Al centro di un quartiere moderno sorge la villa ultramoderna e imponente del signor Arpel, che vi abita con la moglie ed il figlio Gèrard, di nove anni. Il signor Arpel, ricco industriale e Presidente della società "Pastac", è il perfetto tipo del borghese che la posizione e l'agiatezza rendono importante. La sua esistenza perfettamente ordinata sarebbe ammissibile se gli lasciasse la possibilità di abbandonare, almeno per un istante, i problemi connessi con la sua attività d'industriale per dedicarsi a quelli più semplici creati dalla vitalità di suo figlio Gèrard. Anche la mamma, la signora Arpel, trascura il bambino perché il suo tempo e le sue energie sono dedicati completamente al compito di mettere in ordine e pulire continuamente e perfettamente la casa. In questo ambiente di perfezione appare frequentemente il fratello della signora Arpel, lo zio Hulot, per il quale Gèrard mostra una predilezione che desta la gelosia del signor Arpel. Lo zio Hulot è molto differente dai coniugi Arpel: vive con grande semplicità e quando viene a cercare Gèrard il piccolo ne è felice perché sa che lo zio lo farà uscire dalla monotonia della sua vita dove tutto è previsto e tutto si ripete automaticamente.

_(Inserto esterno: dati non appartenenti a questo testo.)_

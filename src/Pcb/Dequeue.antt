-- ===== src/Pcb/Dequeue.antt =====
-- `outProcQ`, `removeProcQ` and `headProcQ` on a queue.
use pandos.Prelude.{
  ◌<◌, ◌≡◌, refl, ap, ◌∙◌, inl, inr, List, [], ◌∷◌, ◌++◌, arith, ◌==◌, if◌then◌else◌, has, ◌∈◌, ◌∉◌,
  Distinct, erase, erase_head, erase_not-mem, length, length-append, has-append, Bool-cases,
  mem_snoc, ne_of_mem, ==_iff, snoc_split, ◌≤◌,
}
use pandos.Types.{Ptr, null, max_proc}
use pandos.Run.{ok, Returns, returns, Returns-mono}
use pandos.Pcb.{Store, upd, out_loop, unlink, out_proc_q, remove_proc_q, head_proc_q, walk_fuel}
use pandos.Pcb.Access.{ne_test, read-ok}
use pandos.Pcb.Queue.{Requeues}
use pandos.Pcb.Unlink.{tail_test, out_loop-tail, out_loop-walk, unlink-single}
use pandos.Pcb.Position.{Removes, IsRing, tail-ne-null, erase-tail, unlink-inner, unlink-last}
use pandos.Pcb.Ring.{next, prev, IsProcQ, none_queued, ring}

unlink-single-Removes :
    {h : Store} {t : Ptr} {xs : List Ptr}
    → IsRing h t [] xs
    → Returns (Removes t xs h) (unlink t t h)
unfolding upd
unlink-single-Removes {h} {t} {xs} r =
    let em : xs ≡ t ∷ [] = r.listed in
    rw (unlink-single h t (tail-ne-null r) r.chain.0) (
      returns (record {
        found = refl;
        queue = rw (erase-tail r) none_queued;
        unlinked = ground arith;
        frame = record {
          nexts = λ b o. ground (arith, ap (has b) em);
          prevs = λ b o. ground (arith, ap (has b) em);
          rest = refl;
        };
      }))

abbrev pub head_or_null : List Ptr → Ptr
head_or_null [] = null
head_or_null (x ∷ xs) = x

-- `unlink` on any member of a ring.
unlink_ring :
    {h : Store} {t : Ptr} {xs : List Ptr} (ys : List Ptr) (p : Ptr)
    → IsRing h t ys xs
    → p ∈ xs
    → Returns (Removes p xs h) (unlink t p h)
unlink_ring {h} {t} {xs} [] p r i =
    let e : p ≡ t = ground (arith, ap (has p) r.listed) in rw e (unlink-single-Removes r)
unlink_ring {h} {t} {xs} (y ∷ ys) p r i = elim (Bool-cases (p == t)) [
  | inl e ↦ let (zs, l, ez) = snoc_split y ys in rw ((==_iff p t).0 e) (unlink-last r zs l ez)
  | inr ne ↦ unlink-inner r p (ground (arith, ap (has p) r.listed, has-append p (y ∷ ys) (t ∷ [])))
]

out_loop-ring :
    {h : Store} {t : Ptr} {xs : List Ptr} (ys : List Ptr) (p : Ptr)
    → IsRing h t ys xs
    → length xs ≤ walk_fuel
    → out_loop walk_fuel t p (next h t) h ≡ (if has p xs then unlink t p h else ok (null, t) h)
out_loop-ring {h} {t} {xs} [] p r short =
    rw (r.listed, r.chain.0) (out_loop-tail 19 h t p (tail-ne-null r) ∙ tail_test h t p)
out_loop-ring {h} {t} {xs} (y ∷ ys) p r short =
    let d : Distinct (y ∷ (ys ++ (t ∷ []))) = rw r.listed at r.distinct in
    let l = ap length r.listed in
    rw (r.listed, r.chain.0.0)
      (out_loop-walk walk_fuel h t p y ys r.chain.1 (rw r.listed at r.real) (rw r.chain.0.0 d.0)
        (omega (arith, l, length-append ys (t ∷ []))))

-- In a queue of at most `max_proc` pcbs `outProcQ` takes a pcb of the queue out of it, wherever
-- it stands, and returns it with its links cleared; the others keep their order. It writes only
-- the links of the pcbs in the queue.
pub out_proc_q-Removes :
    {h : Store} {tp p : Ptr} {xs : List Ptr}
    → IsProcQ h tp xs
    → length xs ≤ max_proc
    → p ∈ xs
    → Returns (Removes p xs h) (out_proc_q tp p h)
unfolding out_proc_q
out_proc_q-Removes none_queued short i = cc
out_proc_q-Removes {h} {p} {xs} (ring {t} ys e d nn c) short i =
    let r : IsRing h t ys xs = record { listed = e; distinct = d; real = nn; chain = c } in
    rw
      (
        ne_test (tail-ne-null r),
        ne_test (ne_of_mem xs i nn),
        read-ok (tail-ne-null r),
        out_loop-ring ys p r short,
        i,
      )
      (unlink_ring ys p r i)

-- For a queue of at most `max_proc` pcbs `outProcQ` returns NULL for a pcb that is not in it,
-- NULL itself included, and changes nothing.
pub out_proc_q-not-mem :
    {h : Store} {tp : Ptr} {xs : List Ptr} (p : Ptr)
    → IsProcQ h tp xs
    → length xs ≤ max_proc
    → p ∉ xs
    → out_proc_q tp p h ≡ ok (null, tp) h
unfolding out_proc_q
out_proc_q-not-mem p none_queued short o = refl
out_proc_q-not-mem {h} {xs} p (ring {t} ys e d nn c) short o =
    let r : IsRing h t ys xs = record { listed = e; distinct = d; real = nn; chain = c } in
    rw (ne_test (tail-ne-null r)) (elim (Bool-cases (p == null)) [
      | inl z ↦ rw z
      | inr nz ↦ rw (nz, read-ok (tail-ne-null r), out_loop-ring ys p r short, o)
    ])

-- `outProcQ` on any pcb, in the queue or not.
pub out_proc_q-erase :
    {h : Store} {tp : Ptr} {xs : List Ptr} (p : Ptr)
    → IsProcQ h tp xs
    → length xs ≤ max_proc
    → Returns
        (λ out g.
          (out.0 ≡ (if has p xs then p else null)) × IsProcQ g out.1 (erase p xs) × Requeues xs h g)
        (out_proc_q tp p h)
out_proc_q-erase {h} {tp} {xs} p q short = elim (Bool-cases (has p xs)) [
  | inl i ↦
      rw i (Returns-mono (out_proc_q-Removes q short i) λ out g m. (m.found, m.queue, m.frame))
  | inr o ↦
      rw (out_proc_q-not-mem p q short o, o, erase_not-mem p xs o)
        (returns (refl, q, record { nexts = λ b n. refl; prevs = λ b n. refl; rest = refl }))
]

first_of_ring :
    {h : Store} {t : Ptr} {x : Ptr} {xs : List Ptr} (ys : List Ptr)
    → IsRing h t ys (x ∷ xs)
    → next h t ≡ x
first_of_ring [] r = ground (arith, ap head_or_null r.listed)
first_of_ring (y ∷ ys) r = ground (arith, ap head_or_null r.listed)

-- `removeProcQ` takes the first pcb out of a queue of at most `max_proc`, clears its links and
-- leaves the rest in order. It writes only the links of the pcbs in the queue.
pub remove_proc_q-head :
    {h : Store} {tp x : Ptr} {xs : List Ptr}
    → IsProcQ h tp (x ∷ xs)
    → length xs < max_proc
    → Returns
        (λ out g.
          (out.0 ≡ x)
          × IsProcQ g out.1 xs
          × (next g x ≡ null)
          × (prev g x ≡ null)
          × Requeues (x ∷ xs) h g)
        (remove_proc_q tp h)
unfolding remove_proc_q
remove_proc_q-head {h} {x} {xs} (ring {t} ys e d nn c) short =
    let r : IsRing h t ys (x ∷ xs) = record { listed = e; distinct = d; real = nn; chain = c } in
    rw (ne_test (tail-ne-null r), read-ok (tail-ne-null r), first_of_ring ys r)
      (Returns-mono (out_proc_q-Removes {p = x} (ring ys e d nn c) (omega arith) (ground arith))
        λ out g m. (m.found, rw (erase_head x xs) at m.queue, m.unlinked.0, m.unlinked.1, m.frame))

-- `headProcQ` returns the first pcb of a queue, NULL for an empty one, and changes nothing.
pub head_proc_q-head :
    {h : Store} {tp : Ptr} {xs : List Ptr}
    → IsProcQ h tp xs
    → head_proc_q tp h ≡ ok (head_or_null xs) h
unfolding head_proc_q
head_proc_q-head none_queued = refl
head_proc_q-head {h} {xs = []} (ring {t} ys e d nn c) = cc (mem_snoc ys t)
head_proc_q-head {h} {xs = x ∷ xs} (ring {t} ys e d nn c) =
    let r : IsRing h t ys (x ∷ xs) = record { listed = e; distinct = d; real = nn; chain = c } in
    rw (ne_test (tail-ne-null r), read-ok (tail-ne-null r), first_of_ring ys r)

Per sottrarre Gèrard all'influenza di questo zio così poco conformista, il signor Arpel dà a Hulot un posto nella sua industria mentre la signora Arpel pensa di dargli in moglie una sua vicina. Ma questi tentativi non hanno il successo sperato e il signor Arpel prende una decisione radicale: Hulot sarà un rappresentante della società all'estero. Tutta la famiglia lo accompagna alla stazione e gli addii sono rapidi, ma uscendo dalla stazione il signor Arpel inconsciamente ritrova l'attitudine familiare di Hulot verso Gèrard.

CRITICA

"E' un film della serie 'Monsieur Hulot', ma forse riesce meno efficace degli altri a causa della sua lentezza che appesantisce il ritmo dell'intero racconto. Il film non manca di scenette comiche e di trovate esilaranti. Notevole la satira del tecnicismo moderno simboleggiato dagli oggetti in plastica, cui è contrapposto l'incanto della vita semplice e normale, non ancora guastata dai ritrovati della scienza. Buona l'interpretazione, la musica e il colore." ('Segnalazioi cinematografiche', vol. 44, 1958) "(...) Tati contrappone il culto del comfort e la freddezza tecnologica della nascente società consumista (siamo nel 1958) al candore stralunato di quello zio che vive 'all'antica', esasperando in una girandola di gag e di invenzioni surreali il contrasto fra i limiti del nostro povero corpo e l'apparente perfezione delle macchine che ci circondano. Un gioiello assoluto, di cui si sarebbero innamorati registi diversissimi come Godard e Truffaut, Lynch e Wes Anderson, Wenders e Michel Gondry. Ma a cui sarebbero seguiti solo due film, gli ambiziosissimi e catastrofici 'Playtime' e 'Traffic',1967e1971." (Fabio Ferzetti, 'Il Messaggero', 9 giugno 2016) "(...) un altro genio assoluto della Settima Arte (si, in questo caso è Arte con la 'a' maiuscola). (...) Tati faceva cinema ben dentro il sonoro, 'Mon oncle' è infatti un capolavoro del 1958 pieno di suoni, di rumori, di cinguettii, qua e là persino di parole: ma il personaggio di Tati, sempre vestito di impermeabile e cappellino e perennemente armato di ombrello, non parlava mai. I suoi film erano un geniale ricalco dei capolavori muti di Chaplin e di Keaton, geni ai quali Tati può essere paragonato senza alcun timore reverenziale. Per inciso, 'Mon oncle' vinse anche l'Oscar come miglior film straniero, a dimostrazione che allora anche l'Oscar era una cosa seria." (Alberto Crespi, 'L'Unità', 9 giugno 2016)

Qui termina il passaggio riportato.